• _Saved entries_
------------------------------------
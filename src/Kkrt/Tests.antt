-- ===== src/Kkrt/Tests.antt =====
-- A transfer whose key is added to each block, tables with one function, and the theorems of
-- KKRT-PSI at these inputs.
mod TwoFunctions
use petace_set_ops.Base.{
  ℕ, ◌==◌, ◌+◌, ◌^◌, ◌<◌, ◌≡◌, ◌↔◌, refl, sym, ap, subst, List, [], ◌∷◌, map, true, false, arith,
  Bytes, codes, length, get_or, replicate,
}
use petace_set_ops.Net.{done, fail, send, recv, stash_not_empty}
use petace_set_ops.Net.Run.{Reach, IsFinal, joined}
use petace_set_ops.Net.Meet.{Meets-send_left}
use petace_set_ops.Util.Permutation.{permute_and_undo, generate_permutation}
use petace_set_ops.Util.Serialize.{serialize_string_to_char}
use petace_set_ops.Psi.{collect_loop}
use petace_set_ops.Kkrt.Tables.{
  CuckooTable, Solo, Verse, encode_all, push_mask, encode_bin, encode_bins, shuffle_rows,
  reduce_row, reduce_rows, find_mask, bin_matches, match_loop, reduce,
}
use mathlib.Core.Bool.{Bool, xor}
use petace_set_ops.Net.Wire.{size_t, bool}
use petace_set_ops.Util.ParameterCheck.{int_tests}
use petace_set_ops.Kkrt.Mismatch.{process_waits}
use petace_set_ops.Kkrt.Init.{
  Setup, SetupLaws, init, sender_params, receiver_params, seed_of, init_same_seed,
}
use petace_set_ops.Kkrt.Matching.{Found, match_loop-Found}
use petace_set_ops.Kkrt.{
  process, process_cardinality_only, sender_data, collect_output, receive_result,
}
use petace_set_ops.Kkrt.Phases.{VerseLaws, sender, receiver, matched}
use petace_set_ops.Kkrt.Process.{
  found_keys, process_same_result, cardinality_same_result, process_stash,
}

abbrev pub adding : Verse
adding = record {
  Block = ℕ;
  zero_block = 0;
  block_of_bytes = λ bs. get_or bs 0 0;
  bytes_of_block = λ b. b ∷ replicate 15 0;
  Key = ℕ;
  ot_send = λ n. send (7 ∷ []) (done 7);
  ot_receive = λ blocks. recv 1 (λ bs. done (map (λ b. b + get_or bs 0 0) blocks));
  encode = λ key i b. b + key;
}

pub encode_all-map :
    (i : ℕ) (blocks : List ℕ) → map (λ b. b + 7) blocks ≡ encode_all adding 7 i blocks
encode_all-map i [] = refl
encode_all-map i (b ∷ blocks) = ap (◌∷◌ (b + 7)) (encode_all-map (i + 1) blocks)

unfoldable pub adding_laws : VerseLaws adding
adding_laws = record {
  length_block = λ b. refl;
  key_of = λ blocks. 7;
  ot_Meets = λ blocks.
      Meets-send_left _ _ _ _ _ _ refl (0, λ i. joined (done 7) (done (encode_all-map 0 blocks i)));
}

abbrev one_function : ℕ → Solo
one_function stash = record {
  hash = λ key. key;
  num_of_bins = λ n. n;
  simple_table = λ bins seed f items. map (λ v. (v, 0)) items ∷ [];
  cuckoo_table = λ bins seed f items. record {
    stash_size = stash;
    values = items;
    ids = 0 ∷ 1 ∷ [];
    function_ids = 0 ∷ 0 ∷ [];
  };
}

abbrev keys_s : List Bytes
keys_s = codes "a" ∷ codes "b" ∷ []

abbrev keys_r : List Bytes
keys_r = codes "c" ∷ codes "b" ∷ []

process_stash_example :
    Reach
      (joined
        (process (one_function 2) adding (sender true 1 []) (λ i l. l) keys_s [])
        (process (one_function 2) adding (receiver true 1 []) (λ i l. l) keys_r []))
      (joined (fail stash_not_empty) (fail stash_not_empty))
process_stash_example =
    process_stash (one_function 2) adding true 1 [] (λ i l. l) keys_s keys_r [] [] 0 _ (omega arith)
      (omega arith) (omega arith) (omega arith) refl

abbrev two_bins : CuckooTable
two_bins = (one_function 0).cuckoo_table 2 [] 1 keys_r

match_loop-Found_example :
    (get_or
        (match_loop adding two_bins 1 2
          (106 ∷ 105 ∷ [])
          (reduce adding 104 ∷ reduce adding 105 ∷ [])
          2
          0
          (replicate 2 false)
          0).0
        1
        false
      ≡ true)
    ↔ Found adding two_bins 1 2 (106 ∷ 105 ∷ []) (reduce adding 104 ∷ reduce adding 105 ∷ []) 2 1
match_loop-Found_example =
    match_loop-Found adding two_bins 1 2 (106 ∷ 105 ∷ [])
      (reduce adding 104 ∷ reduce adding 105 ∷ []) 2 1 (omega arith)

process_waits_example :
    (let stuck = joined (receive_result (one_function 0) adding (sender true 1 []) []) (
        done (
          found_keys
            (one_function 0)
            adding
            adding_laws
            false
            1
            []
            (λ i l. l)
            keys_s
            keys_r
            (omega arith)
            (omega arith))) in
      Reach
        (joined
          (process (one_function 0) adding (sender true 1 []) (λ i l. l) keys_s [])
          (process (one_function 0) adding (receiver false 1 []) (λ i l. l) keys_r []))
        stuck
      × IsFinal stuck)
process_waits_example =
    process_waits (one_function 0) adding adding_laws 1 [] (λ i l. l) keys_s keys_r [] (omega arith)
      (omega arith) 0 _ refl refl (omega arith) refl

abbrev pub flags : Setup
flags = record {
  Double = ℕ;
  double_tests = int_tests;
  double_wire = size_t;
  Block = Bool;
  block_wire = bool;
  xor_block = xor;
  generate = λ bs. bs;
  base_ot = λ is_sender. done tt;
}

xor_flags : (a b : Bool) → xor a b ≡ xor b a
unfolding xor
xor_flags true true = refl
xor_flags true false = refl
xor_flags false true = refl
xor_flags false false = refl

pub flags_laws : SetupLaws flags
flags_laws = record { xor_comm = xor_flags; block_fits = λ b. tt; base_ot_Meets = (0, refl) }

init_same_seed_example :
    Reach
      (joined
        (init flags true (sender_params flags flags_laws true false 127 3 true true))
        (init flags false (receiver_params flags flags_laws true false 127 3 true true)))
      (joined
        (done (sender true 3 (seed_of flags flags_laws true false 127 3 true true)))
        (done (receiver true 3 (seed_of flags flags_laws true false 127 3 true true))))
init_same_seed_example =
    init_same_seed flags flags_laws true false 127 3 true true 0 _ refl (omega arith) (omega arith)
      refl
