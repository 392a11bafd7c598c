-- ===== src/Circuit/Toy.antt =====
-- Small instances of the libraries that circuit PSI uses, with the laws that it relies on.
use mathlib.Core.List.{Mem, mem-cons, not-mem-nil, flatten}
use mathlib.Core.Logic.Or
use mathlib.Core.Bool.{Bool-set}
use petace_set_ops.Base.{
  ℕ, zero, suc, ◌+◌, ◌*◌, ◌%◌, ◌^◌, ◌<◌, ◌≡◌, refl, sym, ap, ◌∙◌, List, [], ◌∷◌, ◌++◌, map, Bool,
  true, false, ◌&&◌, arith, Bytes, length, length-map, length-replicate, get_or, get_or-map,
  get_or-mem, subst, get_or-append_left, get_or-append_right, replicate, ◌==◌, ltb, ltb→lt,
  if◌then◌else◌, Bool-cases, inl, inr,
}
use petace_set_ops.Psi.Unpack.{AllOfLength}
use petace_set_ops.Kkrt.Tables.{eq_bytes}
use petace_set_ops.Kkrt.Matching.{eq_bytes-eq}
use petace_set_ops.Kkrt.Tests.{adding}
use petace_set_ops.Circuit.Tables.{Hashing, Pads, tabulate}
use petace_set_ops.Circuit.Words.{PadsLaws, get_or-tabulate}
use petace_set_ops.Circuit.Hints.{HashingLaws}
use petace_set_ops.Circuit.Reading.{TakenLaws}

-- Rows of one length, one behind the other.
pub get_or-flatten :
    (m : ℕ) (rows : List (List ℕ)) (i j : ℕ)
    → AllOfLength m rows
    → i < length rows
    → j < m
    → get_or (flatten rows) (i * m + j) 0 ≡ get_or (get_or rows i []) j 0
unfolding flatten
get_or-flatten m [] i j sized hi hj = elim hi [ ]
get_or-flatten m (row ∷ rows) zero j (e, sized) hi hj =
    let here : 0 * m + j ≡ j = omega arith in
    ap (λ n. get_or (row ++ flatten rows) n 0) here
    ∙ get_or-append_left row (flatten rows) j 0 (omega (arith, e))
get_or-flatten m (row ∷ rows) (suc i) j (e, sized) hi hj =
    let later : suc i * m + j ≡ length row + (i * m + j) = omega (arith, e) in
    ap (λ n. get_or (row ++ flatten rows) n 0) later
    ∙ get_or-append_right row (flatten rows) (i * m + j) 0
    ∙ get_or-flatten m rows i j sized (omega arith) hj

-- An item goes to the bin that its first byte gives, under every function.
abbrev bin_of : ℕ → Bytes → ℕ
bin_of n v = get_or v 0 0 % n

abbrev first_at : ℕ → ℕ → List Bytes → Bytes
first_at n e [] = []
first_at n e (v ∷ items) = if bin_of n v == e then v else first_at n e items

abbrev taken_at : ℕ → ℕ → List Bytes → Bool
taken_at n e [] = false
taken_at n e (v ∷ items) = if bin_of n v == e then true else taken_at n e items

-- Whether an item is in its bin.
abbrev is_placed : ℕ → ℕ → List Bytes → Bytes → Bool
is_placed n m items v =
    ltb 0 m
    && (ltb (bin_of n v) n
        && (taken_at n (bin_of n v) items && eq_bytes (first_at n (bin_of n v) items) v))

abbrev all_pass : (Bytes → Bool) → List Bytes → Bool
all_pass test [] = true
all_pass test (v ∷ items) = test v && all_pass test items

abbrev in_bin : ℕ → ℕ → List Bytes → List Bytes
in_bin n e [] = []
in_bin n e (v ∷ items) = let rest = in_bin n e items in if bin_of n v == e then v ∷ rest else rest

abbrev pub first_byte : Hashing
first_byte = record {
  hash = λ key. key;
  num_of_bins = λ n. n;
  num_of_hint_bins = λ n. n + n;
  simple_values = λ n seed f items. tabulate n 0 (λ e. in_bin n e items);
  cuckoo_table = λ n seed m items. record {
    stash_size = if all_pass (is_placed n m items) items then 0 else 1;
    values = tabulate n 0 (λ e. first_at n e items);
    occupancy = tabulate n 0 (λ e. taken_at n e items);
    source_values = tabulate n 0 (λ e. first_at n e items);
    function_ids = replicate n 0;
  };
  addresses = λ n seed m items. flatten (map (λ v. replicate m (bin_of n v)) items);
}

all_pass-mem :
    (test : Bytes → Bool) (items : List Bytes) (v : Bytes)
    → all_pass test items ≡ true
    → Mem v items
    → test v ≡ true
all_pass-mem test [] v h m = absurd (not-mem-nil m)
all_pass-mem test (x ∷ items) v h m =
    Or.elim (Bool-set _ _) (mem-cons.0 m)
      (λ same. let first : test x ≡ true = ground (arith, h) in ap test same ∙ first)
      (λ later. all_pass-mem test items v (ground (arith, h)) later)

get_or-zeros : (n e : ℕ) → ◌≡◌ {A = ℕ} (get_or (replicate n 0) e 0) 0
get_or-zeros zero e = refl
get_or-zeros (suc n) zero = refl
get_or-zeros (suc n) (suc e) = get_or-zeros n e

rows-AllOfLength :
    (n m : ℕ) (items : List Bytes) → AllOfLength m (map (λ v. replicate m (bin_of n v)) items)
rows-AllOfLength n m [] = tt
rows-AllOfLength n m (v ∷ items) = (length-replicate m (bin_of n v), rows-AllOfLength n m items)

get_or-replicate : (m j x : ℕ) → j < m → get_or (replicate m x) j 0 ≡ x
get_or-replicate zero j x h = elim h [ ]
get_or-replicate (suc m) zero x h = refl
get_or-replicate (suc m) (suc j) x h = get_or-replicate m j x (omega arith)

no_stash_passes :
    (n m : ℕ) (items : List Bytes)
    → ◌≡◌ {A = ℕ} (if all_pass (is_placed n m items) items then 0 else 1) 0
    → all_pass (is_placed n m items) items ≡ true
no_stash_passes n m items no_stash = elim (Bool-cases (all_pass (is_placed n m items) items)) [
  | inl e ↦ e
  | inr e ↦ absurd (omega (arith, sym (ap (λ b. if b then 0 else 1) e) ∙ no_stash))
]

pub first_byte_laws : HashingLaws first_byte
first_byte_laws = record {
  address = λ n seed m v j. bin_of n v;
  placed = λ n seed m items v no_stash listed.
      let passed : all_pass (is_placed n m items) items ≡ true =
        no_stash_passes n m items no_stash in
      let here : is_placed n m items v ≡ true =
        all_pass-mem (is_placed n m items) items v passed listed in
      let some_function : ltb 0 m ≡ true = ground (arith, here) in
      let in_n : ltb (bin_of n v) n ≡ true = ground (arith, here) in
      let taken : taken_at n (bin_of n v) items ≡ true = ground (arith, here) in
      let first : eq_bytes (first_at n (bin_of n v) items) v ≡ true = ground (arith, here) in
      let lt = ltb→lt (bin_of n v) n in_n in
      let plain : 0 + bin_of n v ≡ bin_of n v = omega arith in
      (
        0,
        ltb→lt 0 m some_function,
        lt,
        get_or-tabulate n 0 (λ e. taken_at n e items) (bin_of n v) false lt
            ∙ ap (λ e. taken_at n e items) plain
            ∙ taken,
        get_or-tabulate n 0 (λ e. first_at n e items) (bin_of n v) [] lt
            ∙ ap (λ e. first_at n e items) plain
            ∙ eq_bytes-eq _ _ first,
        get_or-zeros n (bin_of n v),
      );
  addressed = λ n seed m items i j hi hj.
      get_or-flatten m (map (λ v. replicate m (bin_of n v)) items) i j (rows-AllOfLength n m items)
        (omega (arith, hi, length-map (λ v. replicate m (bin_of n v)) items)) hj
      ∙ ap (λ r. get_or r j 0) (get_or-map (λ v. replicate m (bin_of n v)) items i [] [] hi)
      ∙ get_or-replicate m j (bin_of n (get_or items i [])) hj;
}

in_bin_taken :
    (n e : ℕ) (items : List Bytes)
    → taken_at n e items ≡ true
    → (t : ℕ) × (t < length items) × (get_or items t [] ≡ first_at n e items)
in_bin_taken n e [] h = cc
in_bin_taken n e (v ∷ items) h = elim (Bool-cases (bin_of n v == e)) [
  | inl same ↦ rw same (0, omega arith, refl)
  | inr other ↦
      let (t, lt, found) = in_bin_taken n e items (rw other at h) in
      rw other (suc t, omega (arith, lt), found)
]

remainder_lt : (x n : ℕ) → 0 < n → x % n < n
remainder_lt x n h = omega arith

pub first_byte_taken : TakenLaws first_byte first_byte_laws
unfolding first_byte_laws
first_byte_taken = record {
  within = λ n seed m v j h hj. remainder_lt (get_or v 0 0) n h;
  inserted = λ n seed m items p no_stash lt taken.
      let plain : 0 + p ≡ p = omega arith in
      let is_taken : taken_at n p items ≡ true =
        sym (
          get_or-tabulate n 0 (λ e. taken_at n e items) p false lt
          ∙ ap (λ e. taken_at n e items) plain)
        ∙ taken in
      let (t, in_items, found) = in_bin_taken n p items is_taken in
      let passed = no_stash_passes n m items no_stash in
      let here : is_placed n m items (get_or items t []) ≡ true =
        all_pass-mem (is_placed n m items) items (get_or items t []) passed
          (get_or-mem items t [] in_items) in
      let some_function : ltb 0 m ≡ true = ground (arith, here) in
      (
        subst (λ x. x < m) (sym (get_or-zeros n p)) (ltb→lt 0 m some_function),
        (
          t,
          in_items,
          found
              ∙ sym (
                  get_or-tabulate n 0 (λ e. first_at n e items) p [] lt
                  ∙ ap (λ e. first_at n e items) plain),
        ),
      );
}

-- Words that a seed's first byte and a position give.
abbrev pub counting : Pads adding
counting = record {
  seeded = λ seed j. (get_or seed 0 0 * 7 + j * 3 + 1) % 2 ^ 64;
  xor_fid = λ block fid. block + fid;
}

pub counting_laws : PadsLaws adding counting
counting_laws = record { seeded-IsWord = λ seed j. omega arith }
------------------------------------
• _Work required_
Where does the string "VerseLaws" appear in the records above? Return every line that holds it.

• _Answer area_
use petace_set_ops.Kkrt.Phases.{VerseLaws, sender, receiver, matched}
unfoldable pub adding_laws : VerseLaws adding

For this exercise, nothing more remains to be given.